Numerical and experimental study on the resistance characteristics of different autonomous underwater vehicles in towing tank conditions

When resistance tests of autonomous underwater vehicles (AUVs) are conducted in towing tanks, external support structures inevitably introduce hydrodynamic interference. This study investigates the influence of a sword-support structure on the resistance characteristics of an axisymmetrical rotary body underwater vehicle (ARBUV) and a blended-wing-body underwater vehicle (BWBUV) through both numerical simulations and towing tank experiments. Numerical simulations were performed to evaluate the resistance coefficients under different submergence depths and configurations of the sword-support structure.
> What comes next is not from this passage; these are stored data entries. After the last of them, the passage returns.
-- ===== src/PrivatizationTree/Wait.antt =====
-- What the end of a `wait` in src/stm/privatization_tree.h says of the threads.
use tlstm.Prelude.{
  ℕ, zero, suc, ◌-◌, ◌+◌, ◌%◌, ◌^◌, ◌<◌, ◌≤◌, ◌≡◌, ◌⊎◌, ◌↔◌, inl, inr, refl, sym, ap, subst, ◌∙◌,
  arith, true, Option, none, some, ◌==◌, ◌||◌, leb, if◌then◌else◌, if_false, update, List, [], ◌∷◌,
  All,
}
use tlstm.Common.Constants.{max_threads, minimum_ts}
use tlstm.PrivatizationTree.{
  PrivatizationTree, get_parent_node_idx, get_sibling_node_idx, get_root_node_idx,
  calculate_parent_ts, set_non_minimum_ts, wait_over, tlstm_log2, ancestor, global_init,
  thread_init, clean, initialize_count_to_root_map,
}
use tlstm.PrivatizationTree.Index.{log2-le, root-lt, ancestor-root}
use tlstm.PrivatizationTree.Attained.{attained}
use tlstm.PrivatizationTree.Consistent.{Consistent, AtNode, set_non_minimum_ts_lem}

-- The calls of setNonMinimumTs, each the thread and its timestamp, one after the other.
unfoldable pub set_all : ℕ → List (ℕ × ℕ) → PrivatizationTree → Option PrivatizationTree
set_all fuel [] t = some t
set_all fuel ((tid, ts) ∷ calls) t = elim (set_non_minimum_ts fuel tid ts t) [
  | none ↦ none
  | some t' ↦ set_all fuel calls t'
]

-- The timestamp that each thread gave last.
unfoldable pub last_ts : List (ℕ × ℕ) → (ℕ → ℕ) → ℕ → ℕ
last_ts [] last = last
last_ts ((tid, ts) ∷ calls) last = last_ts calls (update last tid ts)

parent_ts-le :
    (my sibling : ℕ)
    → 0 < my
    → (0 < calculate_parent_ts my sibling) × (calculate_parent_ts my sibling ≤ my)
unfolding calculate_parent_ts
parent_ts-le my sibling h = ground arith

-- The root is below every running transaction under it.
root-le :
    (root k n : ℕ) (f : ℕ → ℕ)
    → Consistent root f
    → ancestor k n ≡ root
    → 0 < f n
    → (0 < f root) × (f root ≤ f n)
unfolding Consistent AtNode ancestor
root-le root zero n f c r p = subst (λ x. (0 < f x) × (f x ≤ f n)) r (p, omega arith)
root-le root (suc k) n f c r p =
    let (parent_positive, parent_le) = parent_ts-le (f n) (f (get_sibling_node_idx n)) p in
    let (positive, le) =
      root-le root k (get_parent_node_idx n) f c r (rw (c n k r) parent_positive) in
    (positive, omega (arith, c n k r))

-- A tree of the first `count` threads whose timestamps are `last`.
record Tracks (count : ℕ) (last : ℕ → ℕ) (t : PrivatizationTree) : Type 0 where
  pub root : get_root_node_idx t ≡ ancestor (tlstm_log2 count) (count - 1)
  pub consistent : Consistent (get_root_node_idx t) t.tree_nodes
  pub leaf : (m : ℕ) → m < max_threads → t.tree_nodes m ≡ last m

-- The tree that `count` threads share after GlobalInit.
unfoldable pub initial : ℕ → PrivatizationTree → PrivatizationTree
initial count t = thread_init count (global_init t)

initial-Tracks :
    (count : ℕ) (t : PrivatizationTree)
    → count ≤ max_threads
    → 0 < count
    → Tracks count (λ i. minimum_ts) (initial count t)
unfolding initial global_init thread_init clean initialize_count_to_root_map get_root_node_idx
    Consistent AtNode calculate_parent_ts
initial-Tracks count t h p =
    let last = (count + (2 ^ 32 - 1)) % 2 ^ 32 in
    let last_eq : last ≡ count - 1 = omega arith in
    let count_eq : last + 1 ≡ count = omega arith in
    record {
      root =
          ap (λ c. ancestor (tlstm_log2 c) last) count_eq
          ∙ ap (ancestor (tlstm_log2 count)) last_eq;
      consistent = λ n k r. refl;
      leaf = λ m b. refl;
    }

set-Tracks :
    (count fuel tid ts : ℕ) (last : ℕ → ℕ) (t : PrivatizationTree)
    → count ≤ max_threads
    → 0 < count
    → 6 < fuel
    → tid < count
    → Tracks count last t
    → (t' : PrivatizationTree) × (set_non_minimum_ts fuel tid ts t ≡ some t')
      × Tracks count (update last tid ts) t'
set-Tracks count fuel tid ts last t h p f l tracks =
    let root_small = root-lt count p h in
    let levels_small = log2-le count h in
    let (t', runs, root, consistent, leaf) =
      set_non_minimum_ts_lem (tlstm_log2 count) fuel tid ts t (omega arith)
        (ancestor-root count tid h l ∙ sym tracks.root) (rw tracks.root root_small) (omega arith)
        tracks.consistent in
    (
      t',
      runs,
      record {
        root = root ∙ tracks.root;
        consistent = subst (λ r. Consistent r t'.tree_nodes) (sym root) consistent;
        leaf = λ m b. leaf m b ∙ update-eq tid ts m t.tree_nodes last (tracks.leaf m b);
      },
    )
  where
    update-eq : (i a m : ℕ) (g g' : ℕ → ℕ) → g m ≡ g' m → update g i a m ≡ update g' i a m
    update-eq i a m g g' e = ap (λ x. if m == i then a else x) e

unfoldable pub Among : ℕ → ℕ × ℕ → Type 0
Among count call = call.0 < count

set_all-Tracks :
    (count fuel : ℕ) (calls : List (ℕ × ℕ)) (last : ℕ → ℕ) (t : PrivatizationTree)
    → count ≤ max_threads
    → 0 < count
    → 6 < fuel
    → All (Among count) calls
    → Tracks count last t
    → (t' : PrivatizationTree) × (set_all fuel calls t ≡ some t')
      × Tracks count (last_ts calls last) t'
unfolding set_all last_ts Among
set_all-Tracks count fuel [] last t h p f a tracks = (t, refl, tracks)
set_all-Tracks count fuel ((tid, ts) ∷ calls) last t h p f (l, a) tracks =
    let (t₁, runs, tracks₁) = set-Tracks count fuel tid ts last t h p f l tracks in
    let (t₂, runs₂, tracks₂) =
      set_all-Tracks count fuel calls (update last tid ts) t₁ h p f a tracks₁ in
    (t₂, rw (runs, set_all) runs₂, tracks₂)

wait_over-Tracks :
    (count ts tid : ℕ) (last : ℕ → ℕ) (t : PrivatizationTree)
    → count ≤ max_threads
    → tid < count
    → Tracks count last t
    → wait_over ts t ≡ true
    → (last tid ≡ minimum_ts) ⊎ (ts ≤ last tid)
unfolding wait_over
wait_over-Tracks count ts tid last t h l tracks over = elim (zero_or_not (t.tree_nodes tid)) [
  | inl z ↦ inl (sym (tracks.leaf tid (omega arith)) ∙ z)
  | inr p ↦
      let (positive, le) =
        root-le (get_root_node_idx t) (tlstm_log2 count) tid t.tree_nodes tracks.consistent
          (ancestor-root count tid h l ∙ sym tracks.root) p in
      inr (
        subst (λ x. ts ≤ x) (tracks.leaf tid (omega arith))
          (above (t.tree_nodes (get_root_node_idx t)) (t.tree_nodes tid) positive le over))
]
  where
    zero_or_not : (n : ℕ) → (n ≡ minimum_ts) ⊎ (0 < n)
    zero_or_not n = ground arith

    above : (root n : ℕ) → 0 < root → root ≤ n → (root == minimum_ts || leb ts root) ≡ true → ts ≤ n
    above root n p l o = ground arith

-- A thread that makes no call keeps its timestamp.
last_ts-outside :
    (count y : ℕ) (calls : List (ℕ × ℕ)) (last : ℕ → ℕ)
    → All (Among count) calls
    → count ≤ y
    → last_ts calls last y ≡ last y
unfolding last_ts Among
last_ts-outside count y [] last a h = refl
last_ts-outside count y ((tid, ts) ∷ calls) last (l, a) h =
    last_ts-outside count y calls (update last tid ts) a h
    ∙ if_false {b = y == tid} _ _ (ground arith)

Tracks-wait_over :
    (count ts : ℕ) (last : ℕ → ℕ) (t : PrivatizationTree)
    → count ≤ max_threads
    → 0 < count
    → Tracks count last t
    → ((y : ℕ) → count ≤ y → last y ≡ minimum_ts)
    → ((tid : ℕ) → tid < count → (last tid ≡ minimum_ts) ⊎ (ts ≤ last tid))
    → wait_over ts t ≡ true
unfolding wait_over ancestor
Tracks-wait_over count ts last t h p tracks outside each =
    let (y, small, e) =
      attained (tlstm_log2 count) 0 (count - 1) (get_root_node_idx t) t.tree_nodes (log2-le count h)
        (omega arith) tracks.consistent (sym tracks.root) in
    passes (t.tree_nodes (get_root_node_idx t)) (
      subst (λ (n : ℕ). (n ≡ minimum_ts) ⊎ (ts ≤ n))
        (sym (tracks.leaf y small) ∙ e ∙ ap t.tree_nodes (sym tracks.root)) (in_or_out y))
  where
    in_or_out : (y : ℕ) → (last y ≡ minimum_ts) ⊎ (ts ≤ last y)
    in_or_out y = elim (count_cases y) [ inl l ↦ each y l | inr g ↦ inl (outside y g) ]
      where
        count_cases : (y : ℕ) → (y < count) ⊎ (count ≤ y)
        count_cases y = ground arith

    passes : (n : ℕ) → (n ≡ minimum_ts) ⊎ (ts ≤ n) → (n == minimum_ts || leb ts n) ≡ true
    passes n q = ground arith

-- After GlobalInit, let the first `count` of at most 64 threads give timestamps to the tree by calls of
-- setNonMinimumTs, in any order but not at the same time, with fuel for 7 levels. Then all the calls
-- return, and on the tree they leave the test that ends `wait` holds of a timestamp exactly when none
-- of these threads is below it: each one's last timestamp is MINIMUM_TS, which stands for no
-- transaction, or at least the one waited for.
pub set_all-wait_over :
    (count fuel : ℕ) (calls : List (ℕ × ℕ)) (t : PrivatizationTree)
    → count ≤ max_threads
    → 0 < count
    → 6 < fuel
    → All (Among count) calls
    → (t' : PrivatizationTree) × (set_all fuel calls (initial count t) ≡ some t')
      × ((ts : ℕ)
          → (wait_over ts t' ≡ true) ↔ (
              (tid : ℕ)
              → tid < count
              → (last_ts calls (λ i. minimum_ts) tid ≡ minimum_ts)
                ⊎ (ts ≤ last_ts calls (λ i. minimum_ts) tid)))
set_all-wait_over count fuel calls t h p f a =
    let last = last_ts calls (λ i. minimum_ts) in
    let (t', runs, tracks) =
      set_all-Tracks count fuel calls (λ i. minimum_ts) (initial count t) h p f a
        (initial-Tracks count t h p) in
    (
      t',
      runs,
      λ ts. (
        λ over tid l. wait_over-Tracks count ts tid last t' h l tracks over,
        λ each.
            Tracks-wait_over count ts last t' h p tracks
              (λ y g. last_ts-outside count y calls (λ i. minimum_ts) a g) each,
      ),
    )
This study uniquely provides a quantitative and comparative analysis of structural interference across different AUV configurations, an aspect seldom addressed in previous research. Experimental measurements were conducted to validate the simulation results, showing strong agreement with deviations within 5%. The simulations provided detailed insights into the resistance coefficients, velocity field distributions, and surface pressure coefficients. The results show that the sword-support structure increases total resistance by more than 5% for both models, with BWBUV showing greater sensitivity. The sword-support alters local flow fields and pressure gradients, impacting both frictional and pressure resistance. Moreover, the interference mechanisms differ by configuration: pressure resistance in ARBUV is dominated by the sword-support, whereas in BWBUV, both the sword-support and the model connecting rod contribute comparably. These findings provide a reference for correcting structural interference in towing tank resistance tests of AUVs.